ACTION ITEM: All lines in the entries below that hold "kind" make up the answer.

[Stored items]
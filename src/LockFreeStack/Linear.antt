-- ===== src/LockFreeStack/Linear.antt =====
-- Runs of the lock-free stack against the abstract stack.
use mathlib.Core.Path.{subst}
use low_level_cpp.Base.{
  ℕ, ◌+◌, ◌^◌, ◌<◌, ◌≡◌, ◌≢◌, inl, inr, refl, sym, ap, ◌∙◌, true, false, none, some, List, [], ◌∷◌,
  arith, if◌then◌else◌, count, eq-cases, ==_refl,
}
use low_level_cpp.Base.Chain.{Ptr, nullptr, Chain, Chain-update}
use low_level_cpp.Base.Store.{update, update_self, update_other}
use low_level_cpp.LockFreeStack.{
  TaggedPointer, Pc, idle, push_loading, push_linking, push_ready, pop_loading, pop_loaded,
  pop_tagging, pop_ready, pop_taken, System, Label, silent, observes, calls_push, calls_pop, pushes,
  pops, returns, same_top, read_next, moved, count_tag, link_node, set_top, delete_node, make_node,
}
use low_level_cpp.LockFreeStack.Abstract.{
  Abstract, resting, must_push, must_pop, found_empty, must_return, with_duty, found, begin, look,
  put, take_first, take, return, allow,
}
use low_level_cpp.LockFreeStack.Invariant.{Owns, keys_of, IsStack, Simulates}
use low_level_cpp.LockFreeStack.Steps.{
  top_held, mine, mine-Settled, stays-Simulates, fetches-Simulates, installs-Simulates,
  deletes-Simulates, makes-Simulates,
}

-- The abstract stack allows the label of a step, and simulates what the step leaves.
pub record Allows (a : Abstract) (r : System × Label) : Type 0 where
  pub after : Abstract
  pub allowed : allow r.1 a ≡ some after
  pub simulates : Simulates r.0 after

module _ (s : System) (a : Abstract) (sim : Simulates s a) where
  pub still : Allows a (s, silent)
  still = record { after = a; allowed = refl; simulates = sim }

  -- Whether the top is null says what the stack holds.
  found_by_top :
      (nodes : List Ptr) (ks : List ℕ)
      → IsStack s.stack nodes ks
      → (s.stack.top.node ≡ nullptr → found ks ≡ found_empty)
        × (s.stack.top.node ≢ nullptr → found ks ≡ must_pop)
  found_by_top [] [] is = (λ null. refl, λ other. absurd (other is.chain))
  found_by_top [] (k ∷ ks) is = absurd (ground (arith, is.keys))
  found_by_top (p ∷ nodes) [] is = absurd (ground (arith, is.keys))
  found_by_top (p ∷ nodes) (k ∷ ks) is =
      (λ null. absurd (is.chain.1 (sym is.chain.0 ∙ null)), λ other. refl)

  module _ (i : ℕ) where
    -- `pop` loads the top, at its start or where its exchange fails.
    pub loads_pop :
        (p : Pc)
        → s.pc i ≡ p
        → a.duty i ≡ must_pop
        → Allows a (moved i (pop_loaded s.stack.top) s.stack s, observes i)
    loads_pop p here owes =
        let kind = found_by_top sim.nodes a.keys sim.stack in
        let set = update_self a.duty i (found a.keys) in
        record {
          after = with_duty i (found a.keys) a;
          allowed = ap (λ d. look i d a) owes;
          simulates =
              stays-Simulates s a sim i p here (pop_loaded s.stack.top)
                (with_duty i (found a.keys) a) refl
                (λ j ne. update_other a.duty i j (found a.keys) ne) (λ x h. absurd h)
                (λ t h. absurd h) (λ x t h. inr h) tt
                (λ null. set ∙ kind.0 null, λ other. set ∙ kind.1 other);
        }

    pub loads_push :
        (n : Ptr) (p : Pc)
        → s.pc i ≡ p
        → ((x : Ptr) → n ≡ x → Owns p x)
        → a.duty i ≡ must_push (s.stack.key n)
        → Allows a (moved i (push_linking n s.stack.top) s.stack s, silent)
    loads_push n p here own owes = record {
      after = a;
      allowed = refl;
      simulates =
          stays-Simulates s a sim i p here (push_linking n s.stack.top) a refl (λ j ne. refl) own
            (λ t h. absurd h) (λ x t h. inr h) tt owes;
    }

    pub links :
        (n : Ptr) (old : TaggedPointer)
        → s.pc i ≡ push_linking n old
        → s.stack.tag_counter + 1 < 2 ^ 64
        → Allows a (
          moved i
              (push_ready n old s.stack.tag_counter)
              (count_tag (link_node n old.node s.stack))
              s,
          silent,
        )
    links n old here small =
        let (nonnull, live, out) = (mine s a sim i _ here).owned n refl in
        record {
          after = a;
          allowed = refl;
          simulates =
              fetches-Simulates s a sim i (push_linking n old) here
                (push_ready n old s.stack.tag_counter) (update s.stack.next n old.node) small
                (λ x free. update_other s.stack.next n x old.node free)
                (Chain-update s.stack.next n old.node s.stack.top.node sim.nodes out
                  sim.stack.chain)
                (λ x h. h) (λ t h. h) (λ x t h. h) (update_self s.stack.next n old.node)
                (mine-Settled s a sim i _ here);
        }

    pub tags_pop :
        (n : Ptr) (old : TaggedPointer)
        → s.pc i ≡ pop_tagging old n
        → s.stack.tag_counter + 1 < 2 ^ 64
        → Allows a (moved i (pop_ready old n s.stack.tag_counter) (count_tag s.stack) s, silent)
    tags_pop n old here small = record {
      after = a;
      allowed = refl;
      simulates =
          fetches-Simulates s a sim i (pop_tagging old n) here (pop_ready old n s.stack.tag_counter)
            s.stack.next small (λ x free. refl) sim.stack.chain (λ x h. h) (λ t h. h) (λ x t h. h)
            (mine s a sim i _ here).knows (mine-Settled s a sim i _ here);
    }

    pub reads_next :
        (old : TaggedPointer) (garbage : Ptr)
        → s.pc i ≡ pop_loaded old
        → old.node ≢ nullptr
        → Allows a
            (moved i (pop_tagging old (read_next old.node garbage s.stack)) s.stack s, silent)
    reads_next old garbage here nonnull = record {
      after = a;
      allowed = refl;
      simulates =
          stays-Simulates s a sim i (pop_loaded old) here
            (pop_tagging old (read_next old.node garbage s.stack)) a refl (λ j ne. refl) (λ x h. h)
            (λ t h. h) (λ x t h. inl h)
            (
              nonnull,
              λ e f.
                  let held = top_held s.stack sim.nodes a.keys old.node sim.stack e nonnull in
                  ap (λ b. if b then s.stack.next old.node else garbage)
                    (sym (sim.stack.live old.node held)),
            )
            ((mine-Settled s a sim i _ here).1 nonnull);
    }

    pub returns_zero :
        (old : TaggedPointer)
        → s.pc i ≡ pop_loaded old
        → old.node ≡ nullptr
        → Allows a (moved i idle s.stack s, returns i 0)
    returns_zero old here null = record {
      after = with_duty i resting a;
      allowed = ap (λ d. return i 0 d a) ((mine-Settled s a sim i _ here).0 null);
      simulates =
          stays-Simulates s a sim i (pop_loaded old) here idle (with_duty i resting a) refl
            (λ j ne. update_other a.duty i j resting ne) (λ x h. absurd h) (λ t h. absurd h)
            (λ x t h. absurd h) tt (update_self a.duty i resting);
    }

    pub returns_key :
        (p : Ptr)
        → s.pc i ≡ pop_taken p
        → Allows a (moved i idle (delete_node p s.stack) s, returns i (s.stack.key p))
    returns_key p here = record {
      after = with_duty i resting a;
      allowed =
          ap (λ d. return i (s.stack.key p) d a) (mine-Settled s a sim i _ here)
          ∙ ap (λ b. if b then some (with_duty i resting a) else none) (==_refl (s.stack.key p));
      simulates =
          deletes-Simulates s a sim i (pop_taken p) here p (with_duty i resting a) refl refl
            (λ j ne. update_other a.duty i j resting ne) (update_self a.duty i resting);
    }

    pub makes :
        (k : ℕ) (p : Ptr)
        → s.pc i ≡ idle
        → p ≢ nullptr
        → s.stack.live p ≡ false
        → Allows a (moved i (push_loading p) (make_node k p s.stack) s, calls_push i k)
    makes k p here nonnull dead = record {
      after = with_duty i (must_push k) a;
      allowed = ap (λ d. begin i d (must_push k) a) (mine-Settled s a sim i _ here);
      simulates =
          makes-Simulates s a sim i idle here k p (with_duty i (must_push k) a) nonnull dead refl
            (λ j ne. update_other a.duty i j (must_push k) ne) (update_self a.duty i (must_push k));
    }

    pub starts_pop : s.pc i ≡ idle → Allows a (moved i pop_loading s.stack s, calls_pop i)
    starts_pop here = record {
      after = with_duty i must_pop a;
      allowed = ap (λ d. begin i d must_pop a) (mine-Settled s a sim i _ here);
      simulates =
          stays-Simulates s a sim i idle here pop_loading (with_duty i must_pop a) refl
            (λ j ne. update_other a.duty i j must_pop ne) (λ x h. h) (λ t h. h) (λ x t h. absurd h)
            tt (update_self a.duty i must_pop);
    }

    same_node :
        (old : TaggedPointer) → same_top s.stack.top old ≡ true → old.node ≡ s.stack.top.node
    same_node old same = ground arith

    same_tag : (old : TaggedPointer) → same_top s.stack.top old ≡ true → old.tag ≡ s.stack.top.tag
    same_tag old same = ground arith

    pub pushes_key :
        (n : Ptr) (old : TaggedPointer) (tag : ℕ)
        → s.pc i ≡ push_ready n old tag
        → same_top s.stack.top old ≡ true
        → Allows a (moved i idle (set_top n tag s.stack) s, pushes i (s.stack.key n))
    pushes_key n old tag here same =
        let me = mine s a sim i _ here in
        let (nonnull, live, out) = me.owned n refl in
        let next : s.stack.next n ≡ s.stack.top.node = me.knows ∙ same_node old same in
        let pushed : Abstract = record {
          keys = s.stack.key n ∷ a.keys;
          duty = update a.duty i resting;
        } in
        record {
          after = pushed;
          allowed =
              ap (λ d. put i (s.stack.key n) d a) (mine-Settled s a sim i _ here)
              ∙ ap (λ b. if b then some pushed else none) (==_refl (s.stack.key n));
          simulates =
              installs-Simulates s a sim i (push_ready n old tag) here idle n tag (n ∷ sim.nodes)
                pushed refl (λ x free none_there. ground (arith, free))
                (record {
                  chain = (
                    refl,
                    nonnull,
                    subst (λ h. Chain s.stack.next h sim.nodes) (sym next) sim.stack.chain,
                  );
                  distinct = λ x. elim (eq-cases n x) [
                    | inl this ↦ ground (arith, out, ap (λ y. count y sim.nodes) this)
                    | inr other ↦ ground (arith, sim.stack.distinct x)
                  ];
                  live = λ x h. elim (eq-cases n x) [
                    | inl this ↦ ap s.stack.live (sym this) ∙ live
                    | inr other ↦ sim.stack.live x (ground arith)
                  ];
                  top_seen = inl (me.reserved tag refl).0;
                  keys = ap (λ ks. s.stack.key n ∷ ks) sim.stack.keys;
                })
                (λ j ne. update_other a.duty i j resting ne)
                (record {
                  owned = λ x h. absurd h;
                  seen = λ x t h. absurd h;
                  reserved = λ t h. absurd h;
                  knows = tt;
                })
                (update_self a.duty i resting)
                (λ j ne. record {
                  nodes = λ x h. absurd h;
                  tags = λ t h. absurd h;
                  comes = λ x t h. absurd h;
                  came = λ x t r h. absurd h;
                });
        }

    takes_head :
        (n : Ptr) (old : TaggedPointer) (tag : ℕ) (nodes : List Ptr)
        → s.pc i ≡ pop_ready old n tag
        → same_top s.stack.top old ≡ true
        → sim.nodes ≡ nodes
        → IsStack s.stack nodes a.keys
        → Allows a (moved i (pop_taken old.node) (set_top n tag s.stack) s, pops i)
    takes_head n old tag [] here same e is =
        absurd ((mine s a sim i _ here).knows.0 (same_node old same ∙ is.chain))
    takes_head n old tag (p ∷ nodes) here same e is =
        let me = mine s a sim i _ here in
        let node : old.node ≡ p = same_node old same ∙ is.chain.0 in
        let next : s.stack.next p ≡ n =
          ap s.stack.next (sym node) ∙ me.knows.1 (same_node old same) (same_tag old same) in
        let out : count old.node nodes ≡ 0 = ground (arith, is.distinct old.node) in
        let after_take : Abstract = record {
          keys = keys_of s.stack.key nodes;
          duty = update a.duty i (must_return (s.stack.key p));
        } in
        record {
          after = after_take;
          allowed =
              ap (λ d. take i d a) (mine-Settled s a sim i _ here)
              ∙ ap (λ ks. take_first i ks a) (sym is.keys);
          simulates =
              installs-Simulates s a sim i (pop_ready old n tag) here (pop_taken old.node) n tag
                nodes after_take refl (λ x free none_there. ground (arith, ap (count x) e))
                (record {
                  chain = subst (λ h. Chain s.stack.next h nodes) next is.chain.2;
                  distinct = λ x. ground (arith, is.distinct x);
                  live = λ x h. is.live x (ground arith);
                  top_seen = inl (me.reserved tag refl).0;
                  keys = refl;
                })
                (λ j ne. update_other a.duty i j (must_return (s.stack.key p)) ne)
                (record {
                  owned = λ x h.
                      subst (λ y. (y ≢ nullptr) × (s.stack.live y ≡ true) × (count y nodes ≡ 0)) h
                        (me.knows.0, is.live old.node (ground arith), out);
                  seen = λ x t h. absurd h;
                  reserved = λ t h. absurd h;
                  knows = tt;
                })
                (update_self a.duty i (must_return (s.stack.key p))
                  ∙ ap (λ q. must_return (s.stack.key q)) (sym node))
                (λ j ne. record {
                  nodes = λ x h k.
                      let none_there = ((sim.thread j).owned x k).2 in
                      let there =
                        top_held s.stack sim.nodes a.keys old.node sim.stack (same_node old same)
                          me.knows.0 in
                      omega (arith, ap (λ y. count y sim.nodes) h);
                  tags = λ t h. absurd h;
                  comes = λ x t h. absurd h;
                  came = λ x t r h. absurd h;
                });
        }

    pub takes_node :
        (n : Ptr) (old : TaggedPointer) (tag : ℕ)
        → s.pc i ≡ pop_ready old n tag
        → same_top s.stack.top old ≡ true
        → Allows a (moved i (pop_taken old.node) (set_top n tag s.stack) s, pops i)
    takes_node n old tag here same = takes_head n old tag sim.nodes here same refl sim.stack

* * *

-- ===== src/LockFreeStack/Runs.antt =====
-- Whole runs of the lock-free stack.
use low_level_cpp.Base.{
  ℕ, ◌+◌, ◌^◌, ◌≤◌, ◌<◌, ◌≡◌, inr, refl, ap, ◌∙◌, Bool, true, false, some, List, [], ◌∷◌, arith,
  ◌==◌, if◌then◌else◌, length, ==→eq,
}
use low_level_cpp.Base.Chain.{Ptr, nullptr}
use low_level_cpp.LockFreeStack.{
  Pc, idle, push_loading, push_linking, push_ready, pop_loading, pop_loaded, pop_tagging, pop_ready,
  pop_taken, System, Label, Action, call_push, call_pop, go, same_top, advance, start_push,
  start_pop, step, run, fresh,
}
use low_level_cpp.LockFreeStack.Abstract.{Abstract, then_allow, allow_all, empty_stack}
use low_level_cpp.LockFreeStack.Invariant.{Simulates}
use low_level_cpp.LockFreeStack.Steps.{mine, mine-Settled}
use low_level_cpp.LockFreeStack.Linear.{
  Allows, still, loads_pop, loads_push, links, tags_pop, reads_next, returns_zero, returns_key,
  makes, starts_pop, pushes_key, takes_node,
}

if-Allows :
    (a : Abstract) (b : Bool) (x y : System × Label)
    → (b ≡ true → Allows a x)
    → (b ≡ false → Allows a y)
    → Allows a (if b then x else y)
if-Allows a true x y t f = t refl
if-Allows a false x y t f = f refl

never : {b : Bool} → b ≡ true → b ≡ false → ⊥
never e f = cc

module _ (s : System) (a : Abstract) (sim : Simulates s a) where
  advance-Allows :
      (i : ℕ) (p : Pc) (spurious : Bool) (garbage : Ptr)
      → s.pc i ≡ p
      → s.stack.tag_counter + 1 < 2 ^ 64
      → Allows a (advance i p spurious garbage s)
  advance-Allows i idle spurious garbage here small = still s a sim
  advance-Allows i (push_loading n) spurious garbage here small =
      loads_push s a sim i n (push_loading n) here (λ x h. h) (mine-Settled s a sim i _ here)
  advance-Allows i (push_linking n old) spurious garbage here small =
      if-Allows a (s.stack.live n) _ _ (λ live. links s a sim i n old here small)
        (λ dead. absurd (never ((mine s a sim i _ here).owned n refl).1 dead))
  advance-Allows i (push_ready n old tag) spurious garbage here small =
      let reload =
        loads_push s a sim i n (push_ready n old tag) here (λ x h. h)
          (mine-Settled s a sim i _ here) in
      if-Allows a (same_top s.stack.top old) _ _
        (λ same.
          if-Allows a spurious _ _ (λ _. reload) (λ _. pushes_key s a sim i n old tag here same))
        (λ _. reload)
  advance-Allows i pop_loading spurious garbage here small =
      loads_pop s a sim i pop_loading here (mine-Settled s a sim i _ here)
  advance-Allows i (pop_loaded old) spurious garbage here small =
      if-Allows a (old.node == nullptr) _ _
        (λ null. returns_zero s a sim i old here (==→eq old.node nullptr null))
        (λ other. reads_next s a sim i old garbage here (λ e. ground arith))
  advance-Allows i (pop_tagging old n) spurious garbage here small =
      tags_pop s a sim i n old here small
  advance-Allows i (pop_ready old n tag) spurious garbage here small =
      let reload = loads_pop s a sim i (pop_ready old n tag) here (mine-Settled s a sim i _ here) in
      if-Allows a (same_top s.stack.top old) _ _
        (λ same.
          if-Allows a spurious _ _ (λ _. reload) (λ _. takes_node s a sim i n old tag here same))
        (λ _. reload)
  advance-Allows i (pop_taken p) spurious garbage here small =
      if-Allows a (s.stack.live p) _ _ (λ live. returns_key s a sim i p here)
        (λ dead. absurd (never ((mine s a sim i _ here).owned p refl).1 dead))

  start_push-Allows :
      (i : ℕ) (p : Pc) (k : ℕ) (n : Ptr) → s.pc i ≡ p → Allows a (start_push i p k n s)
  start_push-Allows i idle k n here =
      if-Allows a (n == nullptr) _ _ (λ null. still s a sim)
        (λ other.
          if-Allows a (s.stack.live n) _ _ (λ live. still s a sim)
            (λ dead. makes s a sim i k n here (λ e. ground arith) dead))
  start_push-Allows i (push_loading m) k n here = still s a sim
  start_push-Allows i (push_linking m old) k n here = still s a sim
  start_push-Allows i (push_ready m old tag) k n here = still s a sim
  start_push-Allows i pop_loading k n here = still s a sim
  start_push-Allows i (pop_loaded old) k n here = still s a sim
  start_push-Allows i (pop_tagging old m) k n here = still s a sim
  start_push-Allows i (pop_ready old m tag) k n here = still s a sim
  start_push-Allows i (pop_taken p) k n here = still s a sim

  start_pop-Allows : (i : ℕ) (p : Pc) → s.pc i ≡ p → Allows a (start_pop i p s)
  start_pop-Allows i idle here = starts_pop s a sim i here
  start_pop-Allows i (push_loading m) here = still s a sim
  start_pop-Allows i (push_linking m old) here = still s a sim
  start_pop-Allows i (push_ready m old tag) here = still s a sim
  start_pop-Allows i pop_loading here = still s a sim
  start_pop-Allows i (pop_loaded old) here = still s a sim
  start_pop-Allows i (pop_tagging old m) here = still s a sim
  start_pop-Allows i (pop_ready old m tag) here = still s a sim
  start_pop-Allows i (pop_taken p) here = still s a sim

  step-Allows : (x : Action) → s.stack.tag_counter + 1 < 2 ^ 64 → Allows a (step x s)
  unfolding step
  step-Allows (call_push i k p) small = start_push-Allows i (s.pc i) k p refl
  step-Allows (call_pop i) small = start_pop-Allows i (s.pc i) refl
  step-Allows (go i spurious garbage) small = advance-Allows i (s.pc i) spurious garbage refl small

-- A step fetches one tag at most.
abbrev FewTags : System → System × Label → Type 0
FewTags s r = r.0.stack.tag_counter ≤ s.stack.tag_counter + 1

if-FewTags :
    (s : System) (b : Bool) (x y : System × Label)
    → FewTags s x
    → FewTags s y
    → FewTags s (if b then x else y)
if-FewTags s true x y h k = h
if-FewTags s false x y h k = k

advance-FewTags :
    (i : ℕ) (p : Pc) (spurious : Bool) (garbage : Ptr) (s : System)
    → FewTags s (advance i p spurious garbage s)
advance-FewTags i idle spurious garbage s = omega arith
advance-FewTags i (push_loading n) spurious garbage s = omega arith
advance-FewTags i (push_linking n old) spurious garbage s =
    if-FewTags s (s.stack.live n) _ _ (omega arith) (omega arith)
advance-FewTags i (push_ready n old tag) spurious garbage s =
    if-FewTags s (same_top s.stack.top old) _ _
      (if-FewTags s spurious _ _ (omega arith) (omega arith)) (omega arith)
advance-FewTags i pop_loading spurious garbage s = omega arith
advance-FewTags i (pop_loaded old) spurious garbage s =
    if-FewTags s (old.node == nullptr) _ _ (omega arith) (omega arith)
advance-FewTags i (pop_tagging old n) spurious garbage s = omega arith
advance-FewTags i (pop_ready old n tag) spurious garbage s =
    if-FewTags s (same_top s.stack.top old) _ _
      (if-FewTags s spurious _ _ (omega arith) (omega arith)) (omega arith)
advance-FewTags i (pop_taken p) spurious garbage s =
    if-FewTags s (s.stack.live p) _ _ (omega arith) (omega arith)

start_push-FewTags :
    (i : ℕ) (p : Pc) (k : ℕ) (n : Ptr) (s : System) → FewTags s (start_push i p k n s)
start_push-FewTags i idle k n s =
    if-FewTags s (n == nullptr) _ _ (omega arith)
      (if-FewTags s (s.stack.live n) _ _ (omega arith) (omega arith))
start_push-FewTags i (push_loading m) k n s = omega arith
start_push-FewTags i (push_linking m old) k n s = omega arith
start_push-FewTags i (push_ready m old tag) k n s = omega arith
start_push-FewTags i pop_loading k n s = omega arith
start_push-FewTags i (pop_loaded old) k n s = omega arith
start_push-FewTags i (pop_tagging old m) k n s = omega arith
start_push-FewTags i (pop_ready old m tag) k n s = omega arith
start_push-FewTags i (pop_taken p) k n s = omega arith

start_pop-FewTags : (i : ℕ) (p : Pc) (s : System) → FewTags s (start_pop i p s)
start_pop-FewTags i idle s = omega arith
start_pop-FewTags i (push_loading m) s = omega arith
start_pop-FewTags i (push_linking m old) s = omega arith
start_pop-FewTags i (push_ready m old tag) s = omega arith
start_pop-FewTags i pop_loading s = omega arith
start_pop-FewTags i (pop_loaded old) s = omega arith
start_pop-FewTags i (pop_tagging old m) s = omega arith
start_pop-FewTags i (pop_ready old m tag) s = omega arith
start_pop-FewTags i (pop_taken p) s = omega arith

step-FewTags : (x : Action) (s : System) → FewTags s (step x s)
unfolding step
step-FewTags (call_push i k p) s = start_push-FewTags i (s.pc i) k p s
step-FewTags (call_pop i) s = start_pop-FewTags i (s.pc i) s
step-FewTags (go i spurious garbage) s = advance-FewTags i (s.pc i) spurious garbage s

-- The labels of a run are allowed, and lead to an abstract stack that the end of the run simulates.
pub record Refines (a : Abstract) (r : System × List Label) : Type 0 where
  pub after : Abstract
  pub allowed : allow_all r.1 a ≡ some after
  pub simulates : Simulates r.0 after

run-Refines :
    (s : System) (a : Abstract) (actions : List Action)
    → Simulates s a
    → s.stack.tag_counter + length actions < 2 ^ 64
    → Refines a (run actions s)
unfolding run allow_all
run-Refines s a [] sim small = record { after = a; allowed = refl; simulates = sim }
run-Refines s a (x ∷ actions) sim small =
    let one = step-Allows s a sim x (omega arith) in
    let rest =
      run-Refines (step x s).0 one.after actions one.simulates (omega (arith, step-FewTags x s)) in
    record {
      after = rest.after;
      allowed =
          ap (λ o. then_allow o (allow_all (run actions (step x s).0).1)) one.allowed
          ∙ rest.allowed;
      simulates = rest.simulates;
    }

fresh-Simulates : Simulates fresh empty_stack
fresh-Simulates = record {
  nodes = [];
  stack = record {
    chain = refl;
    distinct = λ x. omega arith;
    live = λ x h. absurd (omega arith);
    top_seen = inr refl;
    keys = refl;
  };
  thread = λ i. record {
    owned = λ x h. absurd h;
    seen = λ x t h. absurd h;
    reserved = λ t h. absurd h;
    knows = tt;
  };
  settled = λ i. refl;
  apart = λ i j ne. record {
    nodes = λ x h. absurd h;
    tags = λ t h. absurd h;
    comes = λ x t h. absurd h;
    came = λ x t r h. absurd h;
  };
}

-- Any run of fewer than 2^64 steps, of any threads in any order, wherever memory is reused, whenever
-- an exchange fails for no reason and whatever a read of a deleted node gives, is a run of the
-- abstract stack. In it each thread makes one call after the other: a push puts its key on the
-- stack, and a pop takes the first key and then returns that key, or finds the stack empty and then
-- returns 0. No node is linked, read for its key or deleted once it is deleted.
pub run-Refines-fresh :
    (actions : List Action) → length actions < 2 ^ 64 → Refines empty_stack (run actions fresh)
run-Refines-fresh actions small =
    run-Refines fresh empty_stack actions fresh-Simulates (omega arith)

...

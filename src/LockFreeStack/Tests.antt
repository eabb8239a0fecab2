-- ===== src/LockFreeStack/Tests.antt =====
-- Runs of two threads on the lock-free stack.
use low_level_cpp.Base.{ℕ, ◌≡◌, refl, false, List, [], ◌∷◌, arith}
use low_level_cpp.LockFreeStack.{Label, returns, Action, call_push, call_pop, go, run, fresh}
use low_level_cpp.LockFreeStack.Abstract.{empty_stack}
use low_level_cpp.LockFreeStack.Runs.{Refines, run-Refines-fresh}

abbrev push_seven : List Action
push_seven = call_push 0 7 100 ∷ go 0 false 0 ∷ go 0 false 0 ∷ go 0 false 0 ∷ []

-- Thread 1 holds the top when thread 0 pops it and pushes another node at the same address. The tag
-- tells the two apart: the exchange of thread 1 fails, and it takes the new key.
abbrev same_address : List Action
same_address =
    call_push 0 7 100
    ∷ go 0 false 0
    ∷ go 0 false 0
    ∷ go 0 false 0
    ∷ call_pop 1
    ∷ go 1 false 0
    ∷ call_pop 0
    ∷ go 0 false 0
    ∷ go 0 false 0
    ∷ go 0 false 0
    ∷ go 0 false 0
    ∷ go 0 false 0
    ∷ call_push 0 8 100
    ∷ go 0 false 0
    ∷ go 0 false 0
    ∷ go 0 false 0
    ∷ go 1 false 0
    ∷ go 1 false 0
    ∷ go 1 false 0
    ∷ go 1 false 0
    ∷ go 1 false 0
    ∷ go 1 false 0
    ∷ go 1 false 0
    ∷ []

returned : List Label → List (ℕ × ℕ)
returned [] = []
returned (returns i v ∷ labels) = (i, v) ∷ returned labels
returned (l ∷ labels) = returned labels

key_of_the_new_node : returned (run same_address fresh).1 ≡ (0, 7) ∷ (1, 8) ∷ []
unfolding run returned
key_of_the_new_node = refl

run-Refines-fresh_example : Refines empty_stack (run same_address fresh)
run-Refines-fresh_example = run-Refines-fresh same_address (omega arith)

ANSWER AREA:
        let kind = found_by_top sim.nodes a.keys sim.stack in
                (λ null. set ∙ kind.0 null, λ other. set ∙ kind.1 other);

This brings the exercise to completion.